The ssu Locus Plays a Key Role in Organosulfur Metabolism in Pseudomonas putida S-313

Antje Kahnert,¹ Paul Vermeij,^1, Claudia Wietek,¹ Peter James,² Thomas Leisinger,¹ and Michael A. Kertesz^1,3,*

Institute of Microbiology¹ and Protein Chemistry Laboratory,² Swiss Federal Institute of Technology, ETH-Zentrum, CH-8092 Zürich, Switzerland, and School of Biological Sciences, University of Manchester, Manchester M13 9PT, United Kingdom³

Received 7 October 1999/Accepted 15 February 2000

Pseudomonas putida S-313 can utilize a broad range of aromatic sulfonates as sulfur sources for growth in sulfate-free minimal medium. The sulfonates are cleaved monooxygenolytically to yield the corresponding phenols. miniTn5 mutants of strain S-313 which were no longer able to desulfurize arylsulfonates were isolated and were found to carry transposon insertions in the ssuEADCBF operon, which contained genes for an ATP-binding cassette-type transporter (ssuABC), a two-component reduced flavin mononucleotide-dependent monooxygenase (ssuED) closely related to the Escherichia coli alkanesulfonatase, and a protein related to clostridial molybdopterin-binding proteins (ssuF). These mutants were also deficient in growth with a variety of other organosulfur sources, including aromatic and aliphatic sulfate esters, methionine, and aliphatic sulfonates other than the natural sulfonates taurine and cysteate. This pleiotropic phenotype was complemented by the ssu operon, confirming its key role in organosulfur metabolism in this species. Further complementation analysis revealed that the ssuF gene product was required for growth with all of the tested substrates except methionine and that the oxygenase encoded by ssuD was required for growth with sulfonates or methionine.
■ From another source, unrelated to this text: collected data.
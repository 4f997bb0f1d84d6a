-- ===== src/HostTests/Prints.antt =====
-- check_testcase.
use ledger_sovereign.Base.{ℕ, List, ◌==◌, if◌then◌else◌, take}
use ledger_sovereign.Platform.{Format}
use ledger_sovereign.Parser.{ParserError, ParserContext}
use ledger_sovereign.HostTests.{CheckResult, printed, asserted, Stack}
use ledger_sovereign.HostTests.Listing.{PrintsPages, listing}
use ledger_sovereign.HostTests.Loops.{IsStack}

module _ (f : Format) (pages : PrintsPages f) (ctx : ParserContext) (stack : Stack)
    (sizes : IsStack stack) where
  -- What check_testcase is to do on the first `n` of the bytes.
  abbrev expected : List ℕ → ℕ → CheckResult
  expected bytes n =
      if n == 0
      then asserted ParserError.init_context_empty
      else printed (listing f pages (take n bytes))
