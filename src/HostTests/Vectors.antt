-- ===== src/HostTests/Vectors.antt =====
-- tests/address_encoding.cpp, tests/address_encoding.h and tests/parser_impl.cpp: the tests that run
-- the encoder of addresses and the parser on fixed bytes. parseHexString is an argument: what it
-- leaves in a buffer of the given size for a text in hex, and the number that it returns. `c.sha256` is
-- the hash that the host build calls in place of the device's.
pub mod Table
pub mod Wallet
pub mod Agreement
pub mod Hex
use ledger_sovereign.Base.{
  ℕ, zero, suc, ◌+◌, ◌-◌, ◌/◌, ◌%◌, Bool, true, false, ◌&&◌, Option, none, some, List, [], ◌∷◌,
  ◌++◌, ltb, ◌==◌, if◌then◌else◌, length, get_or, replicate,
}
use ledger_sovereign.Base.Text.{codes}
use ledger_sovereign.Codes.{ZxErr, pk_len_25519, address_max_length}
use ledger_sovereign.Platform.{Cx, Format}
use ledger_sovereign.Crypto.{crypto_compute_address}
use ledger_sovereign.Parser.{ParserError, ParserContext, ParserTx, parser_parse}
use ledger_sovereign.HostTests.{text_in}

-- The argument that stands for parseHexString: buffer, its size, text.
abbrev pub ParseHex : Type 0
ParseHex = List ℕ → ℕ → List ℕ → List ℕ × ℕ

pub record SovereignWalletAddress : Type 0 where
  pub public_key : List ℕ
  pub address : List ℕ

-- An expectation that failed: on `err`, or on the text.
pub data Failure : Type 0 where
  not_ok : ZxErr → Failure
  other_text : List ℕ → Failure

-- `==` of two strings
unfoldable pub same_text : List ℕ → List ℕ → Bool
same_text [] [] = true
same_text (x ∷ xs) (y ∷ ys) = x == y && same_text xs ys
same_text xs ys = false

-- EXPECT_EQ(err, zxerr_ok)
unfoldable pub expect_ok : ZxErr → List Failure
expect_ok ZxErr.ok = []
expect_ok failed = not_ok failed ∷ []

-- EXPECT_EQ(str, testcase.address)
unfoldable pub expect_text : List ℕ → List ℕ → List Failure
expect_text str address = if same_text str address then [] else other_text str ∷ []

-- The failures of two steps, none where one of them faults.
unfoldable pub followed_by : Option (List Failure) → Option (List Failure) → Option (List Failure)
followed_by none later = none
followed_by (some failed) none = none
followed_by (some failed) (some later) = some (failed ++ later)

-- The two digits of a byte, under std::hex, setfill('0') and setw(2).
abbrev pub hex_digit : ℕ → ℕ
hex_digit d = if ltb d 10 then 48 + d else 87 + d

abbrev pub hex_number : ℕ → List ℕ
hex_number n = if ltb n 16 then hex_digit n ∷ [] else hex_digit (n / 16) ∷ hex_digit (n % 16) ∷ []

abbrev pub set_width : ℕ → List ℕ → List ℕ
set_width width text = replicate (width - length text) 48 ++ text

-- The loop over `i`: rounds left, then `i` and the stream. A read past the end of the data is `none`.
unfoldable pub hex_loop : List ℕ → ℕ → ℕ → List ℕ → Option (List ℕ)
hex_loop bytes zero i stream = some stream
hex_loop bytes (suc rounds) i stream =
    let more =
      hex_loop bytes rounds (i + 1) (stream ++ set_width 2 (hex_number (get_or bytes i 0))) in
    if ltb i (length bytes) then more else none

unfoldable pub to_hex_string : List ℕ → ℕ → Option (List ℕ)
to_hex_string bytes size = hex_loop bytes size 0 []

-- What parseHexString leaves in `internalPubkey` for the key of a vector.
abbrev pub internal_pubkey : ParseHex → SovereignWalletAddress → List ℕ
internal_pubkey parse_hex_string testcase =
    (parse_hex_string (replicate pk_len_25519 0) pk_len_25519 testcase.public_key).0

module _ (c : Cx) (f : Format) (parse_hex_string : ParseHex) where
  -- The expectations on what crypto_computeAddress leaves. `none` is a text with no NUL in its buffer.
  unfoldable pub check_address :
      SovereignWalletAddress → ZxErr × Option (List ℕ) → Option (List Failure)
  check_address testcase (err, none) = none
  check_address testcase (err, some address) = elim (text_in address) [
    | none ↦ none
    | some str ↦ some (expect_ok err ++ expect_text str testcase.address)
  ]

  unfoldable pub check_vector : SovereignWalletAddress → Option (List Failure)
  check_vector testcase = check_address testcase (
      crypto_compute_address c f (some (replicate 66 0)) 66
        (some (internal_pubkey parse_hex_string testcase)))

  -- WalletAddressEncoding over the vectors: the expectations that fail, in order.
  unfoldable pub wallet_address_encoding : List SovereignWalletAddress → Option (List Failure)
  wallet_address_encoding [] = some []
  wallet_address_encoding (testcase ∷ rest) =
      followed_by (check_vector testcase) (wallet_address_encoding rest)

-- ReadBytes, up to the expectations, which are commented out: what the parser answers, for what the
-- stack holds in `ctx`, in `tx_obj` and in the 100 bytes of `buffer`.
unfoldable pub scale_read_bytes :
    ParseHex → ParserContext → ParserTx → List ℕ → ParserError × ParserContext × ParserTx
scale_read_bytes parse_hex_string ctx tx_obj buffer =
    let (buffer', buffer_len) =
      parse_hex_string buffer 100 (codes "4512345612345678901234567890") in
    parser_parse ctx (some buffer') buffer_len tx_obj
The flavin reductase SsuE was not required for growth with aliphatic sulfonates or methionine but was needed for growth with arylsulfonates, suggesting that an alternative isozyme exists for the former compounds that is not active in transformation of the latter substrates. Aryl sulfate ester utilization was catalyzed by an arylsulfotransferase, and not by an arylsulfatase as in the related species Pseudomonas aeruginosa.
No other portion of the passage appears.